§ **Prompt**: The answer must be a single number: how many lines of the records below hold the word "true".
########################################
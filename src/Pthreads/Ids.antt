-- ===== src/Pthreads/Ids.antt =====
-- The identifiers that `pthread_create` of lib/posix/pthread/pthread_create.c gives out, against the
-- numbers of the tasks of kernel/sched/scheduler.c, which `pthread_self` returns.
use avrix.Pthreads.Creating.{start_thread-created, pthread_create-created, slot_of}
use avrix.Sched
use mathlib.Core.Logic.{◌↔◌}
use avrix.Sched.{ready, Sched, Tcb, no_task}
use avrix.Pthreads.{
  stack_size_of, priority_of, no_info, info_at, stack_address_of, pthread_threads_max, PthreadAttr,
  pthread_self, pthread_create, Kernel, Pthreads, pthreads_start,
}
use avrix.Base.{
  length, get_or, set, length-append, length-set, get_or-set_self, ℕ, ◌+◌, ◌%◌, ◌≡◌, sym, ap, ap₂,
  ◌∙◌, true, Option, none, some, [], ◌∷◌, ◌++◌, arith,
}

-- A second thread gets the identifier of the first, and its slot, where the first has a stack of
-- the file and the second one of the caller's, and both are created one after the other.
pub identifier_shared :
    {K : Type 0} (kernel : Kernel K) (thread_stacks : ℕ → ℕ) (attr attr' : Option PthreadAttr)
    (f arg g arg' t u a : ℕ) (s s₀ s₁ : Pthreads K)
    → length s.thread_info ≡ pthread_threads_max
    → stack_address_of attr ≡ none
    → stack_address_of attr' ≡ some a
    → pthread_create kernel thread_stacks true attr (some f) arg s ≡ (0, some t, s₀)
    → pthread_create kernel thread_stacks true attr' (some g) arg' s₀ ≡ (0, some u, s₁)
    → (u ≡ t) × (info_at t s₁ ≡ slot_of attr' g arg')
unfolding pthread_create
identifier_shared kernel thread_stacks attr attr' f arg g arg' t u a s s₀ s₁ whole stack given first
      second =
    let c = pthread_create-created kernel thread_stacks attr f arg t s s₀ stack first in
    let room = c.room in
    let id = c.id in
    let next : s₀.next_thread ≡ s.next_thread + 1 =
      ap (λ (r : Pthreads _). r.next_thread) c.state in
    let table : length s₀.thread_info ≡ 16 =
      ap (λ (r : Pthreads _). length r.thread_info) c.state
      ∙ length-set s.thread_info t (slot_of attr f arg)
      ∙ whole in
    let (id', state, task) =
      start_thread-created kernel thread_stacks attr' a g arg' u s₀ s₁ (rw given at second) in
    let same : u ≡ t = omega arith in
    (
      same,
      ap (info_at t) state
          ∙ ap (λ n. get_or (set s₀.thread_info n (slot_of attr' g arg')) t no_info) same
          ∙ get_or-set_self s₀.thread_info t (slot_of attr' g arg') no_info (omega arith),
    )

module _ (context_init : ℕ → ℕ → ℕ → ℕ) (internal : ℕ → ℕ) (stack_size entry : ℕ) where
  -- The kernel's scheduler; the task's entry point is `pthread_entry_wrapper`.
  abbrev pub scheduler : Kernel Sched
  scheduler = record {
    nk_task_create = λ prio stack stack_len s.
        Sched.nk_task_create context_init internal stack_size (some no_task) (some entry) prio
          (some stack) stack_len s;
    nk_current_tid = Sched.nk_current_tid;
  }

  -- The control block of a new task.
  abbrev new_task : ℕ → ℕ → ℕ → ℕ → Tcb
  new_task prio stack len pid = record {
    sp = context_init entry stack len;
    state = ready;
    priority = prio % 64;
    pid = pid;
    sleep_ticks = 0;
  }

  create-new_task :
      (prio stack len : ℕ) (s s₀ : Sched)
      → scheduler.nk_task_create prio stack len s ≡ (true, s₀)
      → s₀.tasks ≡ s.tasks ++ (new_task prio stack len (length s.tasks) ∷ [])
  unfolding Sched.nk_task_create
  create-new_task prio stack len s s₀ made = ground (arith, made)

  -- The states after creations that succeed, from the start on, with how many tasks were created that
  -- are no threads on stacks of the file: tasks of the program, and threads on its stacks.
  pub data Creations (thread_stacks : ℕ → ℕ) : ℕ → Pthreads Sched → Type 0 where
    none_made : (k : Sched) → k.tasks ≡ [] → Creations thread_stacks 0 (pthreads_start k)
    thread_made :
        {others : ℕ} {s s₀ : Pthreads Sched} (attr : Option PthreadAttr) (f arg t : ℕ)
        → Creations thread_stacks others s
        → stack_address_of attr ≡ none
        → pthread_create scheduler thread_stacks true attr (some f) arg s ≡ (0, some t, s₀)
        → Creations thread_stacks others s₀
    own_stack_made :
        {others : ℕ} {s s₀ : Pthreads Sched} (attr : Option PthreadAttr) (f arg t a : ℕ)
        → Creations thread_stacks others s
        → stack_address_of attr ≡ some a
        → pthread_create scheduler thread_stacks true attr (some f) arg s ≡ (0, some t, s₀)
        → Creations thread_stacks (others + 1) s₀
    task_made :
        {others : ℕ} {s : Pthreads Sched} {k : Sched} (prio stack len : ℕ)
        → Creations thread_stacks others s
        → scheduler.nk_task_create prio stack len s.kernel ≡ (true, k)
        → Creations thread_stacks (others + 1) (record s { kernel = k })

  one_more :
      (prio stack len : ℕ) (s s₀ : Sched)
      → scheduler.nk_task_create prio stack len s ≡ (true, s₀)
      → length s₀.tasks ≡ length s.tasks + 1
  one_more prio stack len s s₀ made =
      ap length (create-new_task prio stack len s s₀ made) ∙ length-append s.tasks (_ ∷ [])

  own_stack-created :
      (thread_stacks : ℕ → ℕ) (attr : Option PthreadAttr) (f arg t a : ℕ) (s s₀ : Pthreads Sched)
      → stack_address_of attr ≡ some a
      → pthread_create scheduler thread_stacks true attr (some f) arg s ≡ (0, some t, s₀)
      → (s₀.next_thread ≡ s.next_thread)
        × (scheduler.nk_task_create (priority_of attr) a (stack_size_of attr) s.kernel
            ≡ (true, s₀.kernel))
  unfolding pthread_create
  own_stack-created thread_stacks attr f arg t a s s₀ given made =
      let (id, state, task) =
        start_thread-created scheduler thread_stacks attr a f arg t s s₀ (rw given at made) in
      (
        ap (λ (r : Pthreads Sched). r.next_thread) state,
        ap₂ (λ b k. (b, k)) task (sym (ap (λ (r : Pthreads Sched). r.kernel) state)),
      )

  -- Every task has either taken a stack of the file or is one of the others.
  Creations-counted :
      {thread_stacks : ℕ → ℕ} {others : ℕ} {s : Pthreads Sched}
      → Creations thread_stacks others s
      → length s.kernel.tasks ≡ s.next_thread + others
  Creations-counted (none_made k e) = ap length e
  Creations-counted {thread_stacks} (thread_made {others} {s} {s₀} attr f arg t r stack made) =
      let c = pthread_create-created scheduler thread_stacks attr f arg t s s₀ stack made in
      let next : s₀.next_thread ≡ s.next_thread + 1 =
        ap (λ (p : Pthreads Sched). p.next_thread) c.state in
      let more = one_more _ _ _ s.kernel s₀.kernel c.task in
      let before = Creations-counted r in omega arith
  Creations-counted {thread_stacks} (own_stack_made {others} {s} {s₀} attr f arg t a r given made) =
      let (next, task) = own_stack-created thread_stacks attr f arg t a s s₀ given made in
      let more = one_more _ _ _ s.kernel s₀.kernel task in
      let before = Creations-counted r in omega arith
  Creations-counted (task_made {others} {s} {k} prio stack len r made) =
      let more = one_more prio stack len s.kernel k made in
      let before = Creations-counted r in omega arith

  -- Over the kernel's scheduler, after creations that succeed, a thread is created on a stack of the
  -- file. Its task has the number that `pthread_self` returns when the task runs, and that is the
  -- thread's identifier exactly if no task was created before that is not a thread on a stack of the
  -- file.
  pub self_iff :
      (thread_stacks : ℕ → ℕ) (others : ℕ) (attr : Option PthreadAttr) (f arg t : ℕ)
      (s s₀ s₁ : Pthreads Sched)
      → Creations thread_stacks others s
      → stack_address_of attr ≡ none
      → pthread_create scheduler thread_stacks true attr (some f) arg s ≡ (0, some t, s₀)
      → s₁.kernel.current ≡ length s.kernel.tasks
      → (task : Tcb) × (s₀.kernel.tasks ≡ s.kernel.tasks ++ (task ∷ []))
        × (task.pid ≡ pthread_self scheduler s₁)
        × ((pthread_self scheduler s₁ ≡ t) ↔ (others ≡ 0))
  unfolding pthread_self Sched.nk_current_tid
  self_iff thread_stacks others attr f arg t s s₀ s₁ r stack made runs =
      let c = pthread_create-created scheduler thread_stacks attr f arg t s s₀ stack made in
      let id = c.id in
      let counted = Creations-counted r in
      (
        new_task (priority_of attr) (thread_stacks s.next_thread) (stack_size_of attr)
            (length s.kernel.tasks),
        create-new_task _ _ _ s.kernel s₀.kernel c.task,
        sym runs,
        (λ e. omega arith, λ e. omega arith),
      )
########################################
§ **Solution to the problem**: 11